Perséfone
Outubro 28, 2024
Carlos Palmito
E se falássemos de flores?
Das cores que as moldam. Dos tons cromáticos que as tingem... quentes, frios, ardentes, gelados... dos bálsamos inebriantes, quase hipnóticos, que nos fazem dançar na escuridão. Das pétalas aveludadas que nos pintam os dedos como telas vazias no pincel de um artista desconhecido. Da vida que as envolve. Do vento que sussurra canções de embalar ao afagar-lhes os caules.
Das coroas de margaridas e juras de amor em pétalas de malmequeres?
“Mal me quer, bem me quer, mal me quer, bem me quer.” Quem é que te quer, ó triste pétala enegrecida? Quem é que não te quer, ó sublime pétala colorida?
E se falássemos de bruxas, bruxarias e sardas a sarapintar as planícies infindáveis de um organismo vivo a quem teimam em chamar Terra?
Serão as abelhas, a zunir na imensidão do infinito, responsáveis por transportar a poeira das estrelas?
E se falássemos de sorrisos, beijos, abraços, perfumes e chuvas de verão?
Com os corpos apaixonados a rebolar nas relvas húmidas, com olhares profundos e toques suaves. E se falássemos de nascimento e regeneração?
E se bebêssemos flores, nos enforcássemos nelas e engolíssemos as suas pétalas para nos asfixiarmos em beleza?
E viajássemos em pólen? E se falássemos de flores? De estufas, prados, florestas, selvas, desertos, oceanos, rios, lagoas e jardins?
Deus... jardins!
E se falássemos de Éden e do pecado original?

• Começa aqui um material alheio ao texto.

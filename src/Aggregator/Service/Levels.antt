-- ===== src/Aggregator/Service/Levels.antt =====
-- services/signal-aggregator/src/core/service.py: where the levels of a decision come from.
use market_app.Prelude.{
  String, ◌≡◌, ◌⊎◌, inl, inr, refl, Bool, true, false, not, Option, none, some, List, [], ◌∷◌, ◌++◌,
  arith, if◌then◌else◌, ◌==◌, String_eq, Bool-cases, Option-cases,
}
use mathlib.Core.Path.{subst, sym}
use market_app.Prelude.Act.{done, Outcome-cases}
use market_app.Prelude.Dict.{Dict, get, keep_values}
use market_app.Prelude.Int.{ℤ}
use market_app.Float.{Float}
use market_app.Aggregator.Vote.{SignalComponent}
use market_app.Aggregator.Weights.{Elementary}
use market_app.Aggregator.Service.Live.{In, here, there, IsLive, In-live_entries}
use market_app.Aggregator.Service.{
  BufferedSignal, Service, Env, AggregationResult, Decision, is_actionable, matching, first_of,
  first_among, ahead_of, select_levels, live_entries, aggregate_entries, aggregate_symbol,
  prune_symbol, expired, publish, decide, live_ml, components_of, result_of,
}

In-if :
    {A : Type 0} (t : Bool) (x e : A) (rest : List A)
    → In e (if t then x ∷ rest else rest)
    → (x ≡ e) × (t ≡ true) ⊎ In e rest
In-if true x _ rest here = inl (refl, refl)
In-if true x e rest (there i) = inr i
In-if false x e rest i = inr i

module _ {F : Type 0} ⦃fl : Float F⦄ where
  abbrev Agrees : String → List (BufferedSignal F) → BufferedSignal F → Type 0
  Agrees direction es e = In e es × ((e.component.signal == direction) ≡ true)

  Agrees-if :
      (direction : String) (all : List (BufferedSignal F)) (a b : BufferedSignal F) (t : Bool)
      → Agrees direction all a
      → Agrees direction all b
      → Agrees direction all (if t then a else b)
  Agrees-if direction all a b true h k = h
  Agrees-if direction all a b false h k = k

  Agrees-first_of :
      (direction : String) (all : List (BufferedSignal F)) (best : BufferedSignal F)
      (es : List (BufferedSignal F))
      → Agrees direction all best
      → ((e : BufferedSignal F) → In e es → Agrees direction all e)
      → Agrees direction all (first_of best es)
  Agrees-first_of direction all best [] h k = h
  Agrees-first_of direction all best (e ∷ es) h k =
      Agrees-first_of direction all (if ahead_of e best then e else best) es
        (Agrees-if direction all e best (ahead_of e best) (k e here) h) (λ f i. k f (there i))

  Agrees-matching :
      (direction : String) (es : List (BufferedSignal F)) (e : BufferedSignal F)
      → In e (matching direction es)
      → Agrees direction es e
  Agrees-matching direction [] e i = elim i [ ]
  Agrees-matching direction (x ∷ es) e i =
      elim (In-if (x.component.signal == direction) x e (matching direction es) i) [
        | inl (same, agrees) ↦ subst (λ f. Agrees direction (x ∷ es) f) same (here, agrees)
        | inr later ↦
            let (among, agrees) = Agrees-matching direction es e later in (there among, agrees)
      ]

  first_among-cases :
      (direction : String) (es m : List (BufferedSignal F))
      → ((e : BufferedSignal F) → In e m → Agrees direction es e)
      → ((first_among m ≡ none) × (m ≡ []))
        ⊎ ((e : BufferedSignal F) × (first_among m ≡ some e) × Agrees direction es e)
  first_among-cases direction es [] h = inl (refl, refl)
  first_among-cases direction es (x ∷ xs) h =
      inr (first_of x xs, refl, Agrees-first_of direction es x xs (h x here) (λ e i. h e (there i)))

  -- The levels of an order are those of a buffered strategy that votes in the direction of the order;
  -- there are none only if no buffered strategy does.
  pub select_levels_lem :
      (es : List (BufferedSignal F)) (direction : String)
      → ((select_levels es direction ≡ none) × (matching direction es ≡ []))
        ⊎ ((e : BufferedSignal F) × (select_levels es direction ≡ some e)
            × In e es
            × ((e.component.signal == direction) ≡ true))
  unfolding select_levels
  select_levels_lem es direction =
      elim (first_among-cases direction es (matching direction es) (Agrees-matching direction es)) [
        | inl nothing ↦ inl nothing
        | inr (e, chosen, (among, agrees)) ↦ inr (e, chosen, among, agrees)
      ]

module _ {F : Type 0} ⦃fl : Float F⦄ ⦃el : Elementary F⦄ where
  -- A symbol without a buffered strategy signal has no decision, whatever ML and macro say.
  pub unbuffered :
      (env : Env F) (symbol : String) (s : Service F)
      → get symbol s.buffer ≡ none
      → aggregate_symbol env symbol s ≡ (done none, s)
  unfolding aggregate_symbol aggregate_entries live_entries
  unbuffered env symbol s h = rw (aggregate_symbol, live_entries, h) refl

  published-live_ml :
      (now : ℤ) (symbol : String) (s : Service F) → (live_ml now symbol s).1.published ≡ s.published
  unfolding live_ml
  published-live_ml now symbol s = elim (Option-cases (get symbol s.ml_buffer)) [
    | inl missing ↦ rw (live_ml, missing) refl
    | inr (e, known) ↦ rw (live_ml, known) (ground arith)
  ]

  published-prune_symbol :
      (symbol : String) (live : Dict String (BufferedSignal F)) (s : Service F)
      → (prune_symbol symbol live s).1.published ≡ s.published
  unfolding prune_symbol
  published-prune_symbol symbol [] s = refl
  published-prune_symbol symbol (entry ∷ rest) s = refl

  published-live_entries :
      (now : ℤ) (symbol : String) (s : Service F)
      → (live_entries now symbol s).1.published ≡ s.published
  unfolding live_entries
  published-live_entries now symbol s = elim (Option-cases (get symbol s.buffer)) [
    | inl missing ↦ rw (live_entries, missing) refl
    | inr ([], known) ↦ rw (live_entries, known) refl
    | inr (entry ∷ rest, known) ↦
        rw (live_entries, known)
          (published-prune_symbol symbol
            (keep_values (λ e. not (expired now s.ttl_s e.at)) (entry ∷ rest)) s)
  ]

  aggregate_entries-done :
      (env : Env F) (symbol : String) (entry : BufferedSignal F) (rest : List (BufferedSignal F))
      (s s' : Service F) (r : AggregationResult F)
      → aggregate_entries env symbol (entry ∷ rest) s ≡ (done (some r), s')
      → (components : List (SignalComponent F)) × (decision : Decision F) × (sector : Option String)
        × (r
            ≡ result_of symbol components decision
                (select_levels (entry ∷ rest) decision.signal)
                sector)
        × (s'.published ≡ s.published ++ r ∷ [])
  unfolding aggregate_entries publish
  aggregate_entries-done env symbol entry rest s s' r h =
      let s1 = (live_ml env.now symbol s).1 in
      let components = components_of (entry ∷ rest) (live_ml env.now symbol s).0 s1.macro_bias in
      elim (Option-cases (decide s1 components)) [
        | inl failed ↦ absurd (ground arith)
        | inr (decision, decided) ↦ elim (Outcome-cases (env.get_sector symbol)) [
          | inl failed ↦ absurd (ground arith)
          | inr (sector, ok) ↦ (
            components,
            decision,
            sector,
            ground arith,
            ground (arith, published-live_ml env.now symbol s),
          )
        ]
      ]

  -- The levels of a result: none, or those of a signal of some kind, which votes in its direction.
  abbrev pub HasLevels : (BufferedSignal F → Type 0) → AggregationResult F → Type 0
  HasLevels IsSource r =
      ((r.price ≡ none) × (r.stop_loss ≡ none) × (r.take_profit ≡ none) × (r.strategy_name ≡ none))
      ⊎ ((e : BufferedSignal F) × IsSource e
          × (is_actionable r.decision.signal ≡ true)
          × ((e.component.signal == r.decision.signal) ≡ true)
          × (r.price ≡ e.price)
          × (r.stop_loss ≡ e.stop_loss)
          × (r.take_profit ≡ e.take_profit)
          × (r.strategy_name ≡ some e.strategy_name))

  HasLevels-result_of :
      (symbol : String) (components : List (SignalComponent F)) (decision : Decision F)
      (entries : List (BufferedSignal F)) (sector : Option String)
      → HasLevels
          (λ e. In e entries)
          (result_of symbol components decision (select_levels entries decision.signal) sector)
  HasLevels-result_of symbol components decision entries sector =
      elim (Bool-cases (is_actionable decision.signal)) [
        | inl acts ↦ elim (select_levels_lem entries decision.signal) [
          | inl (nothing, _) ↦ inl (ground arith, ground arith, ground arith, ground arith)
          | inr (e, chosen, among, agrees) ↦
              inr (e, among, acts, agrees, ground arith, ground arith, ground arith, ground arith)
        ]
        | inr idle ↦ inl (ground arith, ground arith, ground arith, ground arith)
      ]

  aggregated :
      (env : Env F) (symbol : String) (entries : List (BufferedSignal F)) (s s' : Service F)
      (r : AggregationResult F)
      → aggregate_entries env symbol entries s ≡ (done (some r), s')
      → HasLevels (λ e. In e entries) r × (s'.published ≡ s.published ++ r ∷ [])
  unfolding aggregate_entries
  aggregated env symbol [] s s' r h = absurd (ground arith)
  aggregated env symbol (entry ∷ rest) s s' r h =
      let (components, decision, sector, same, sent) =
        aggregate_entries-done env symbol entry rest s s' r h in
      (
        subst (λ x. HasLevels (λ e. In e (entry ∷ rest)) x) (sym same)
            (HasLevels-result_of symbol components decision (entry ∷ rest) sector),
        sent,
      )

  HasLevels-weaken :
      (P Q : BufferedSignal F → Type 0) (r : AggregationResult F)
      → ((e : BufferedSignal F) → P e → Q e)
      → HasLevels P r
      → HasLevels Q r
  HasLevels-weaken P Q r f (inl absent) = inl absent
  HasLevels-weaken P Q r f (inr (e, source, a, b, c, d, g, h)) =
      inr (e, f e source, a, b, c, d, g, h)

  -- An aggregated result of a symbol is the one new publication. Its price, stop, target and
  -- strategy are absent, or, for a BUY or SELL, those of one strategy signal that was buffered for the
  -- symbol, is at most `ttl_s` seconds old and votes in the direction of the decision.
  pub aggregate_levels :
      (env : Env F) (symbol : String) (s s' : Service F) (r : AggregationResult F)
      → aggregate_symbol env symbol s ≡ (done (some r), s')
      → HasLevels (IsLive env.now symbol s) r × (s'.published ≡ s.published ++ r ∷ [])
  unfolding aggregate_symbol
  aggregate_levels env symbol s s' r h =
      let (entries, s1) = live_entries env.now symbol s in
      let (levels, sent) = aggregated env symbol entries s1 s' r h in
      (
        HasLevels-weaken (λ e. In e entries) (IsLive env.now symbol s) r
            (In-live_entries env.now symbol s) levels,
        ground (arith, sent, published-live_entries env.now symbol s),
      )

Ah, e as flores, todas as amaldiçoadas flores, todas as coroas de espinhos, em todas as guerras, em todas as pestes, em todas as mortes... em todos os sepulcros.
E se falássemos de áridos desertos, de lodaçais, de rochedos e de solos estéreis?
E se... falássemos realmente de flores? Secas, murchas, mortas, a embelezar uma campa esquecida numa vasta pradaria de ossos abandonados? E se...
Mas nunca falamos de flores, pois não?
Nunca falamos realmente de flores. E se falássemos de morte?